The Five Devils (a title referring – curiously – to a leisure centre in the film) instead employs ellipses, flashbacks and time switches as mechanisms to forge missing pieces from a narrative puzzle which is, from the outset, purposefully misshapen. Vicky (Sally Dramé) is the latch-key, biracial daughter of Adèle Exarchopoulos’ dour aquatic aerobics instructor Joanne and emotionally distant fire-fighter Jimmy (Moustapha Mbengue).
Both parents appear to be sleepwalking through a marriage of inconvenience, to the extent that you’re left to wonder if they may be play-acting their roles for Vicky’s sake. As an actor, Exarchopoulos is preternaturally good showing you her inner feelings with the minimum of crass emoting. The arrival of Jimmy’s estranged sister Julia (Swala Emati) acts as the catalyst for all manner of furtive comings and goings, and the almost surreally stand-offish nature of the characters provides the film’s ominous question mark: what happened in the past to make these people like they are?
Mysius, thankfully, opts for the road less travelled to transport us towards our answers, dispensing with all but cursory exposition and instead placing young Vicky front-and-centre to be our portal into the past. For it transpires that Vicky possesses supremely heightened olfactory skills, and spends much of her time squirrelled away with her collection of mason jars while making potions. And this isn’t just some kids play stuff, she is replicating the scents of those around her, and it’s suggested that this special power sends her into unconscious reveries where she finds herself witnessing key interactions involving her parents in the past.
If that sounds like a wacky sci-fi story or ooky-kooky magical realism, then it could be further from the truth, as Mysius frames this ability as something very banal and natural.

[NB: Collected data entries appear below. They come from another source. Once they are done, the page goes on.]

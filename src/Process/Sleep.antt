-- ===== src/Process/Sleep.antt =====
-- Sleeping over the seconds of the clock (w2/sys/process/process.c).
use sbrocks.Prelude.{
  ℕ, zero, suc, ◌+◌, ◌-◌, ◌<◌, ◌≤◌, ◌≡◌, refl, ◌∙◌, arith, ◌==◌, true, false, some, Option, List,
  length,
}
use sbrocks.Prelude.Fault.{◌>>=◌}
use sbrocks.Prelude.Chain.{member, Distinct}
use sbrocks.Process.{Kernel, Task, TaskState, update_time_slices, time_slice, is_sleep}
use sbrocks.Process.Lists.{HasTasks}
use sbrocks.Process.Waiting.{update_time_slices-member}

-- `update_time_slices` for each of `n` seconds.
pub seconds : (n fuel : ℕ) → Kernel → Option Kernel
seconds zero fuel k = some k
seconds (suc n) fuel k = do k' ← update_time_slices fuel k; seconds n fuel k'

abbrev Sleeps : Kernel → (task left : ℕ) → Type 0
Sleeps k task left =
    ((k.tasks task).state ≡ TaskState.task_sleep) × ((k.tasks task).sleep_time ≡ left)

time_slice-nearer :
    (t : Task) (left : ℕ)
    → t.state ≡ TaskState.task_sleep
    → t.sleep_time ≡ suc left
    → ((time_slice t).state ≡ TaskState.task_sleep) × ((time_slice t).sleep_time ≡ left)
unfolding time_slice is_sleep
time_slice-nearer t left s l =
    let e : (t.sleep_time == 0) ≡ false = ground arith in rw (s, e) (refl, omega arith)

time_slice-over :
    (t : Task)
    → t.state ≡ TaskState.task_sleep
    → t.sleep_time ≡ 0
    → (time_slice t).state ≡ TaskState.task_runnable
unfolding time_slice is_sleep
time_slice-over t s l = let e : (t.sleep_time == 0) ≡ true = ground arith in rw (s, e) refl

module _ (fuel task : ℕ) (xs : List ℕ) (distinct : Distinct xs) (enough : length xs < fuel)
    (here : member task xs ≡ true) where
  seconds-Sleeps :
      (n left : ℕ) (k : Kernel)
      → HasTasks k xs
      → Sleeps k task (n + left)
      → (k' : Kernel) × (seconds n fuel k ≡ some k') × HasTasks k' xs × Sleeps k' task left
  unfolding seconds
  seconds-Sleeps zero left k c s = let e : 0 + left ≡ left = omega arith in (k, refl, c, rw (← e) s)
  seconds-Sleeps (suc n) left k c s =
      let (k1, run, c1, all) = update_time_slices-member fuel xs k c distinct enough in
      let e : suc n + left ≡ suc (n + left) = omega arith in
      let nearer = time_slice-nearer (k.tasks task) (n + left) s.0 (s.1 ∙ e) in
      let now : k1.tasks task ≡ time_slice (k.tasks task) = all task ∙ rw here refl in
      let (k', rest, c', s') = seconds-Sleeps n left k1 c1 (rw now nearer) in
      (k', rw run rest, c', s')

  -- A task of the list that is put to sleep with `left` seconds sleeps through that many steps of the
  -- clock, and is runnable after one more. Fuel for each task and one more is enough.
  pub seconds-wakes :
      (left : ℕ) (k : Kernel)
      → HasTasks k xs
      → (k.tasks task).state ≡ TaskState.task_sleep
      → (k.tasks task).sleep_time ≡ left
      → ((n : ℕ)
          → n ≤ left
          → (k' : Kernel) × (seconds n fuel k ≡ some k')
            × ((k'.tasks task).state ≡ TaskState.task_sleep))
        × ((k' : Kernel) × (seconds (left + 1) fuel k ≡ some k')
            × ((k'.tasks task).state ≡ TaskState.task_runnable))
  unfolding seconds
  seconds-wakes left k c s l = (
    λ n h.
        let total : n + (left - n) ≡ left = omega arith in
        let (k', run, c', s') = seconds-Sleeps n (left - n) k c (s, rw total l) in (k', run, s'.0),
    awake left k c (s, l),
  )
    where
      awake :
          (left : ℕ) (k : Kernel)
          → HasTasks k xs
          → Sleeps k task left
          → (k' : Kernel) × (seconds (left + 1) fuel k ≡ some k')
            × ((k'.tasks task).state ≡ TaskState.task_runnable)
      awake zero k c s =
          let (k1, run, c1, all) = update_time_slices-member fuel xs k c distinct enough in
          let now : k1.tasks task ≡ time_slice (k.tasks task) = all task ∙ rw here refl in
          (k1, rw run refl, rw now (time_slice-over (k.tasks task) s.0 s.1))
      awake (suc left) k c s =
          let (k1, run, c1, all) = update_time_slices-member fuel xs k c distinct enough in
          let now : k1.tasks task ≡ time_slice (k.tasks task) = all task ∙ rw here refl in
          let nearer = time_slice-nearer (k.tasks task) left s.0 s.1 in
          let (k', rest, up) = awake left k1 c1 (rw now nearer) in
          let e : suc left + 1 ≡ suc (left + 1) = omega arith in (k', rw (e, run) rest, up)
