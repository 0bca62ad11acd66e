-- ===== src/Process/Tests.antt =====
-- Three tasks in a list, and the theorems on tasks at that state.
use sbrocks.Prelude.{
  ℕ, ◌+◌, ◌≡◌, ◌≢◌, ◌≤◌, refl, arith, ◌==◌, if◌then◌else◌, some, true, List, [], ◌∷◌,
}
use sbrocks.Process.{
  Kernel, Task, TaskState, VmaType, remove_from_task_list, schedule_process, stack_top,
}
use sbrocks.Prelude.Chain.{member, IsChain, Misses, Distinct}
use sbrocks.Process.Lists.{HasTasks, without, remove_from_task_list-without}
use sbrocks.Paging.{virt_to_phy}
use sbrocks.Process.Schedule.{first_ready, schedule_process-round_robin}
use sbrocks.Process.Sleep.{seconds, seconds-wakes}

abbrev plain_task : (pid next parent : ℕ) → TaskState → Task
plain_task pid next parent state = record {
  pid = pid;
  ppid = 0;
  name = [];
  state = state;
  next = next;
  e_entry = 0;
  rip = 0;
  rsp = 0;
  pml4e = 0;
  sleep_time = 3;
  kstack = λ i. 0;
  r = record {
    segments = (0, 0, 0, 0);
    general = [];
    rax = 0;
    reg_rip = 0;
    cs = 0;
    rflag = 0;
    reg_rsp = 0;
    ss = 0;
  };
  fd = λ i. 0;
  parent = parent;
  child_count = 1;
  wait_for_child_pid = 3;
  mm = 0;
  pipe = 0;
  write_redirection_fd = 0;
  read_redirection_fd = 0;
}

-- The tasks 1, 2 and 3 at 100, 200 and 300, in this order; task 2 is the current one, and task 3 the
-- child of task 1.
abbrev pub three_tasks : (first : TaskState) → Kernel
three_tasks first = record {
  tasks = λ p.
      if p == 100
      then plain_task 1 200 0 first
      else if p == 200
      then plain_task 2 300 0 TaskState.task_running
      else plain_task 3 0 100 TaskState.task_sleep;
  mms = λ p. record {
    vma_list = 0;
    start_brk = 0;
    end_brk = 0;
    start_stack = 0;
    arg_start = 0;
    arg_end = 0;
    env_start = 0;
    env_end = 0;
    total_vm_size = 0;
    stack_vm = 0;
    brk_start = 0;
    brk_end = 0;
  };
  areas = λ p. record {
    vm_mm = 0;
    vm_start = 0;
    vm_end = 4096;
    vm_flags = 0;
    vm_file_descp = 0;
    vma_type = VmaType.vma_normal;
    area_next = p + 56;
  };
  task_list = 100;
  free_task_list = 0;
  free_vm_list = 0;
  next_pid = 4;
  current_task = 200;
  tss_rsp0 = 0;
  vm = record {
    phy = record { phy_bitmap = λ g. 0; refcount = λ p. 0 };
    word = λ a. 0;
    cr3 = 0;
    k_cr3 = 0;
    virtual_top = 0;
  };
  memory = λ b. 0;
}

abbrev pub three : List ℕ
three = 100 ∷ 200 ∷ 300 ∷ []

pub three-HasTasks : (first : TaskState) → HasTasks (three_tasks first) three
unfolding IsChain
three-HasTasks first =
    (refl, (λ e. omega arith), (refl, (λ e. omega arith), (refl, (λ e. omega arith), refl)))

pub three-Distinct : Distinct three
unfolding Distinct Misses
three-Distinct =
    (((λ e. omega arith), ((λ e. omega arith), tt)), (((λ e. omega arith), tt), (tt, tt)))

three-Misses : Misses 400 three
unfolding Misses
three-Misses = ((λ e. omega arith), ((λ e. omega arith), ((λ e. omega arith), tt)))

remove_from_task_list-without_example :
    (k' : Kernel) × (remove_from_task_list 4 200 (three_tasks TaskState.task_runnable) ≡ some k')
    × HasTasks k' (without 200 three)
remove_from_task_list-without_example =
    remove_from_task_list-without 4 200 three (three_tasks TaskState.task_runnable)
      (three-HasTasks TaskState.task_runnable) three-Distinct (omega arith)

schedule_process-round_robin_example :
    let k = three_tasks TaskState.task_runnable in
    let task = first_ready k 200 (300 ∷ 100 ∷ []) in
    ((task ≡ 0) → schedule_process 4 k ≡ some k)
    × ((task ≢ 0)
        → (k' : Kernel) × (schedule_process 4 k ≡ some k')
          × (k'.current_task ≡ task)
          × ((k'.tasks task).state ≡ TaskState.task_running)
          × ((k'.tasks 200).state ≡ TaskState.task_runnable)
          × (k'.tss_rsp0 ≡ stack_top task)
          × (k'.vm.cr3 ≡ virt_to_phy (k.tasks task).pml4e k.vm)
          × ((q : ℕ) → q ≢ task → q ≢ 200 → k'.tasks q ≡ k.tasks q))
schedule_process-round_robin_example =
    schedule_process-round_robin 4 (100 ∷ []) (300 ∷ []) (three_tasks TaskState.task_runnable)
      (three-HasTasks TaskState.task_runnable) (omega arith)

third_is_member : member 300 three ≡ true
unfolding member
third_is_member = refl

seconds-wakes_example :
    let k = three_tasks TaskState.task_sleep in
    ((n : ℕ)
      → n ≤ 3
      → (k' : Kernel) × (seconds n 4 k ≡ some k') × ((k'.tasks 300).state ≡ TaskState.task_sleep))
    × ((k' : Kernel) × (seconds (3 + 1) 4 k ≡ some k')
        × ((k'.tasks 300).state ≡ TaskState.task_runnable))
seconds-wakes_example =
    seconds-wakes 4 300 three three-Distinct (omega arith) third_is_member 3
      (three_tasks TaskState.task_sleep) (three-HasTasks TaskState.task_sleep) refl refl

The director’s only stylistic vice comes from the music, which consists of atonal dirges (and a Class-A Bonnie Tyler needle drop) – otherwise, she makes you work hard to keep tabs on where and when you are, and whose perspective we’re seeing things from.
Audacious as it is, The Five Devils is a remarkably sedate and ominous film which captures the way that the worlds of adults and children harmoniously orbit around one another while always remaining distant, beautiful, unreachable.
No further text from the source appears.